◆ **Information shown**:
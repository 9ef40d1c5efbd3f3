-- ===== src/Simulation/Suite/Pass.antt =====
-- The tests of the ring pass on every valid open ring that is large enough.
use n_igpu_macos.Common.{
  ℕ, zero, suc, ◌+◌, ◌-◌, ◌≤◌, ◌<◌, ◌≡◌, ◌∙◌, refl, ap, inl, inr, true, some, List, [], ◌∷◌, ltb,
  Bool-cases, u32, sub32, length, take, replicate, length-append, done, arith,
}
use n_igpu_macos.SharedRing.{try_write, try_read}
use n_igpu_macos.SharedRing.View.{OpenRing, context, IsValid, contents, length-contents}
use n_igpu_macos.SharedRing.Refine.{try_write_takes, try_write_refuses}
use n_igpu_macos.SharedRing.RoundTrip.{try_read-try_write}
use n_igpu_macos.Simulation.{empty_list, drain_ring_empties}
use n_igpu_macos.Simulation.Suite.{
  SimulationEnvironment, payload, test_ring_wraparound, test_monkey_brain_fuzzer, fill_ring,
  test_chokehold,
}

-- An environment with another open ring.
abbrev pub with_ring : SimulationEnvironment → OpenRing → SimulationEnvironment
with_ring env s = record env { ring = some (context s) }

pub contents_bound : (s : OpenRing) → IsValid s → length (contents s) ≤ s.capacity
contents_bound s v = ground (arith, length-contents s, v.write_in, v.read_in)

-- `while (ntel_ring_try_write(…))` fills the ring.
pub fill_ring_fills :
    (fuel : ℕ) (s : OpenRing)
    → IsValid s
    → s.capacity < fuel + length (contents s)
    → (s' : OpenRing) × (fill_ring fuel (some (context s)) ≡ done (some (some (context s'))))
      × IsValid s'
      × (s'.capacity ≡ s.capacity)
      × (s.capacity ≤ length (contents s') + 1)
unfolding fill_ring
fill_ring_fills zero s v enough = absurd (omega (arith, contents_bound s v))
fill_ring_fills (suc fuel) s v enough =
    elim (Bool-cases (ltb (length (contents s) + 1) s.capacity)) [
      | inl room ↦
          let (s1, eq, valid, same, holds) =
            try_write_takes {s = s} (0 ∷ []) 1 v (omega arith) (omega arith) (ground arith) in
          let more : length (contents s1) ≡ length (contents s) + 1 =
            ap length holds ∙ length-append (contents s) (0 ∷ []) in
          let (s2, ends, valid2, same2, full) = fill_ring_fills fuel s1 valid (omega arith) in
          (s2, rw eq ends, valid2, same2 ∙ same, omega arith)
      | inr full ↦
          let most : s.capacity ≤ length (contents s) + 1 = ground arith in
          (s, rw (try_write_refuses {s = s} (0 ∷ []) 1 v (inr most)) refl, v, refl, most)
    ]

-- `test_chokehold` ends, records no failure, and leaves an empty ring.
pub chokehold_passes :
    (fuel : ℕ) (s : OpenRing) (drain : List ℕ) (drained : ℕ) (env : SimulationEnvironment)
    → IsValid s
    → 256 ≤ length drain
    → s.capacity < fuel
    → (s' : OpenRing) × (test_chokehold fuel drain drained (with_ring env s)
        ≡ done (some (with_ring env s')))
      × IsValid s'
      × (s'.capacity ≡ s.capacity)
      × (contents s' ≡ [])
unfolding test_chokehold
chokehold_passes fuel s drain drained env v block enough =
    let (s1, filled, valid, same, full) = fill_ring_fills fuel s v (omega arith) in
    let refused = try_write_refuses {s = s1} (0 ∷ []) 1 valid (inr (omega arith)) in
    let held : length (contents s1) < fuel = omega (arith, contents_bound s1 valid) in
    let (s2, emptied, valid2, same2, empty) =
      drain_ring_empties fuel s1 drain drained valid block held in
    (s2, rw (filled, refused, emptied) refl, valid2, same2 ∙ same, empty)

-- `test_monkey_brain_fuzzer` records no failure and changes nothing.
pub fuzzer_passes :
    (s : OpenRing) (env : SimulationEnvironment)
    → IsValid s
    → test_monkey_brain_fuzzer (with_ring env s) ≡ done (with_ring env s)
unfolding test_monkey_brain_fuzzer
fuzzer_passes s env v =
    let whole : u32 (s.capacity + 1) ≡ s.capacity + 1 = omega (arith, v.small) in
    let refused =
      try_write_refuses {s = s} (replicate 4 0xff) (s.capacity + 1) v (inr (omega arith)) in
    rw (whole, refused) refl

-- The ring with both indices near the end of its buffer.
abbrev moved : OpenRing → OpenRing
moved s = record s {
  header = record s.header { write_idx = s.capacity - 4; read_idx = s.capacity - 4 };
}

moved-IsValid : (s : OpenRing) → IsValid s → 8 < s.capacity → IsValid (moved s)
moved-IsValid s v large = record {
  small = v.small;
  storage = v.storage;
  write_in = omega arith;
  read_in = omega arith;
}

contents-moved : (s : OpenRing) → 8 < s.capacity → contents (moved s) ≡ []
contents-moved s large = empty_list (contents (moved s)) (ground (arith, length-contents (moved s)))

-- The run, from what its calls return.
wraparound_runs :
    (s s1 s2 : OpenRing) (read_back out : List ℕ) (rb : ℕ) (env : SimulationEnvironment)
    → sub32 s.capacity 4 ≡ s.capacity - 4
    → try_write (some (context (moved s))) (some payload) 8 ≡ done (some (context s1), true)
    → try_read (some (context s1)) (some read_back) 8 (some rb)
      ≡ done (record {
        ctx = some (context s2);
        out_data = some out;
        bytes_read = some 8;
        read = true;
      })
    → take 8 out ≡ payload
    → test_ring_wraparound read_back rb (with_ring env s) ≡ done (with_ring env s2)
unfolding test_ring_wraparound
wraparound_runs s s1 s2 read_back out rb env at put got back = rw (at, put, got, back) refl

-- `test_ring_wraparound` records no failure and leaves an empty ring.
pub wraparound_passes :
    (s : OpenRing) (read_back : List ℕ) (rb : ℕ) (env : SimulationEnvironment)
    → IsValid s
    → 8 < s.capacity
    → 8 ≤ length read_back
    → (s' : OpenRing) × (test_ring_wraparound read_back rb (with_ring env s)
        ≡ done (with_ring env s'))
      × IsValid s'
      × (s'.capacity ≡ s.capacity)
      × (contents s' ≡ [])
wraparound_passes s read_back rb env v large room =
    let at : sub32 s.capacity 4 ≡ s.capacity - 4 = omega (arith, v.small) in
    let (s1, s2, out, put, got, back, valid, same, empty) =
      try_read-try_write (moved s) payload read_back rb (moved-IsValid s v large)
        (contents-moved s large) (omega arith) large room in
    (s2, wraparound_runs s s1 s2 read_back out rb env at put got back, valid, same, empty)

◆ **To do**:
Begin at the first line of the material and transcribe each line exactly. End with the line containing "with_ring env s = record", and give nothing else.

◆ **Solution for this exercise**:
repository 9ef40d1c5efbd3f3
-- ===== src/Simulation/Suite/Pass.antt =====
-- The tests of the ring pass on every valid open ring that is large enough.
use n_igpu_macos.Common.{
  ℕ, zero, suc, ◌+◌, ◌-◌, ◌≤◌, ◌<◌, ◌≡◌, ◌∙◌, refl, ap, inl, inr, true, some, List, [], ◌∷◌, ltb,
  Bool-cases, u32, sub32, length, take, replicate, length-append, done, arith,
}
use n_igpu_macos.SharedRing.{try_write, try_read}
use n_igpu_macos.SharedRing.View.{OpenRing, context, IsValid, contents, length-contents}
use n_igpu_macos.SharedRing.Refine.{try_write_takes, try_write_refuses}
use n_igpu_macos.SharedRing.RoundTrip.{try_read-try_write}
use n_igpu_macos.Simulation.{empty_list, drain_ring_empties}
use n_igpu_macos.Simulation.Suite.{
  SimulationEnvironment, payload, test_ring_wraparound, test_monkey_brain_fuzzer, fill_ring,
  test_chokehold,
}

-- An environment with another open ring.
abbrev pub with_ring : SimulationEnvironment → OpenRing → SimulationEnvironment
with_ring env s = record env { ring = some (context s) }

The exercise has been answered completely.